Salamini (MGNCL 41:100; 42:91; 43:91) first described a new bronze (bz) mutable allele in maize, now referred to as AcBz. McClintock determined that the bz mutable phenotype of AcBz was due to the presence of Ds at the bz2 locus, and that there was an Ac element between the sh and bz loci (McClintock, pers. comm.). McClintock also observed that new bz mutable kernels frequently arose in the AcBz strain. The AcBz-derived bz mutable alleles are collectively called "bz-m5". Four independently derived bz-m5 alleles (A through D; obtained from McClintock) were analyzed. They differ from one another in the frequency at which Ac excises from the bz locus, restoring the bz phenotype. The bz-m5-A allele shows the highest frequency of excision, followed by B, C and D. Of interest in the bz-m5 alleles is the possible correlation between Ac excision patterns and the site of insertion of Ac. To date, differences in excision pattern in other mutable alleles have been correlated with alterations within the element itself (Fedoroff and Kingsbury, in prep.; J. W Schiefelbien, et al., PNAS 82:4783, 1985; Zs. Schwarz-Sommer, et al., EMBO J. 4:2439, 1985). The present alleles, therefore, provide a unique opportunity for determining what effect sequences surrounding the Ac element have on its ability to excise.
Experiments were conducted to determine (1) if the Ac element of each allele is inserted at different positions within the bz gene, and (2) if the Ac element is the same in all four mutable alleles. To determine the site of insertion of Ac, DNA from plants of each strain (A through D) was digested with several restriction enzymes and analyzed by Southern blot hybridization. A 2.2 kb Pst fragment containing the entire bz coding sequences (D. Furtek, pers. comm.) was used as a probe. The sites of insertion of Ac, determined from such analysis, are given in Fig. 1. There appears to be a complete 4.5 kb Ac insertion in all alleles, and the insertions are at different sites within the bz coding region. All four are within 2.0 kb of each other. For all four alleles, the orientation of Ac relative to the bz gene is the same. There were no insertions within the bz gene in DNA isolated from AcBz plants.

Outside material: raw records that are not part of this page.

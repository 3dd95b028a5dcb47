-- ===== src/Mocker.antt =====
-- Random traces to try the evolution on (fuzzer/fuzzer/mocker.cpp).
pub mod Laws
use fuzzer_goal_directed.Prelude.{ℕ, zero, suc, ◌+◌, List, [], ◌∷◌, ◌++◌}
use fuzzer_goal_directed.Random.{Rand, next_number}
use fuzzer_goal_directed.Trace.{
  TraceElement, trace_element, e_true_branch, e_enter_function, e_exit_function,
}

abbrev pub max_number_blocks : ℕ
max_number_blocks = 12

abbrev pub max_number_calls : ℕ
max_number_calls = 50

abbrev pub max_number_functions : ℕ
max_number_functions = 10

abbrev pub max_number_edges : ℕ
max_number_edges = 100

abbrev pub absolute_min_all : ℕ
absolute_min_all = 10

-- The loop over the edges of a call; 16705 is 0x4141.
unfoldable pub mock_edges : Rand → ℕ → ℕ → ℕ → List TraceElement × Rand
mock_edges r func_id pred_block zero = ([], r)
mock_edges r func_id pred_block (suc rounds) =
    let (cur_block, r1) = next_number r max_number_blocks in
    let (rest, r2) = mock_edges r1 func_id cur_block rounds in
    (trace_element e_true_branch 16705 func_id pred_block cur_block ∷ rest, r2)

-- The loop over the calls. The function stands where the constructor takes the thread in the
-- elements that enter and leave it.
unfoldable pub mock_calls : Rand → ℕ → ℕ → List TraceElement × Rand
unfolding mock_edges
mock_calls r num_functions zero = ([], r)
mock_calls r num_functions (suc rounds) =
    let (func_id, r1) = next_number r num_functions in
    let (num_edges, r2) = next_number r1 max_number_edges in
    let (edges, r3) = mock_edges r2 func_id 0 num_edges in
    let (rest, r4) = mock_calls r3 num_functions rounds in
    (
      trace_element e_enter_function func_id 0 0 0
          ∷ (edges ++ (trace_element e_exit_function func_id 0 0 0 ∷ rest)),
      r4,
    )

unfoldable pub generate_random_trace : Rand → List TraceElement × Rand
unfolding mock_calls
generate_random_trace r =
    let (functions, r1) = next_number r max_number_functions in
    let (calls, r2) = next_number r1 max_number_calls in
    mock_calls r2 (functions + absolute_min_all) (calls + absolute_min_all)
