-- ===== src/Mocker/Laws.antt =====
-- The shape of the mocked traces (fuzzer/fuzzer/mocker.cpp).
use fuzzer_goal_directed.Prelude.{
  ℕ, zero, suc, ◌<◌, ◌≡◌, refl, Bool, true, ◌&&◌, List, [], ◌∷◌, ◌++◌, arith, ltb, ◌==◌,
  if◌then◌else◌,
}
use fuzzer_goal_directed.Random.{Rand, next_number}
use fuzzer_goal_directed.Random.Laws.{next_number-lt}
use fuzzer_goal_directed.Trace.{TraceElement, trace_kind_number}
use fuzzer_goal_directed.Mocker.{mock_edges, mock_calls, generate_random_trace}

-- A block of an edge is below 12, and an element that enters or leaves a function names none.
abbrev pub mocked_element : TraceElement → Bool
mocked_element e =
    if trace_kind_number e.kind == 0
    then ltb e.pred_block_id 12 && ltb e.cur_block_id 12
    else e.func_id == 0 && e.cur_block_id == 0

abbrev pub all_mocked : List TraceElement → Bool
all_mocked [] = true
all_mocked (e ∷ es) = mocked_element e && all_mocked es

all_mocked-append :
    (es fs : List TraceElement)
    → all_mocked es ≡ true
    → all_mocked fs ≡ true
    → all_mocked (es ++ fs) ≡ true
all_mocked-append [] fs h k = k
all_mocked-append (e ∷ es) fs h k = ground (arith, all_mocked-append es fs)

all_mocked-mock_edges :
    (rounds : ℕ) (r : Rand) (f p : ℕ) → p < 12 → all_mocked (mock_edges r f p rounds).0 ≡ true
unfolding mock_edges
all_mocked-mock_edges zero r f p h = refl
all_mocked-mock_edges (suc rounds) r f p h =
    let c : (next_number r 12).0 < 12 = omega (arith, next_number-lt r 12) in
    let rest = all_mocked-mock_edges rounds (next_number r 12).1 f (next_number r 12).0 c in
    ground (arith, rest, c)

all_mocked-mock_calls :
    (rounds : ℕ) (r : Rand) (n : ℕ) → all_mocked (mock_calls r n rounds).0 ≡ true
unfolding mock_calls
all_mocked-mock_calls zero r n = refl
all_mocked-mock_calls (suc rounds) r n =
    let (f, r1) = next_number r n in
    let (k, r2) = next_number r1 100 in
    all_mocked-append (mock_edges r2 f 0 k).0 _ (all_mocked-mock_edges k r2 f 0 (omega arith))
      (all_mocked-mock_calls rounds (mock_edges r2 f 0 k).1 n)

-- In a mocked trace, the blocks of every edge are below 12, and no element that enters or leaves a
-- function names a function: the code passes its number as the thread.
pub generate_random_trace_lem : (r : Rand) → all_mocked (generate_random_trace r).0 ≡ true
unfolding generate_random_trace
generate_random_trace_lem r = all_mocked-mock_calls _ _ _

To investigate the similarity of the Ac elements in the four alleles, we have undertaken the cloning of the bz locus of the bz-m5 alleles. Analysis of one clone with restriction enzymes indicates that the Ac element is indistinguishable from Ac elements isolated from two other mutable alleles, bz-m2 and wx-m9. Ac elements from other bz-m5 alleles are currently being isolated in a similar manner for further analysis and comparison.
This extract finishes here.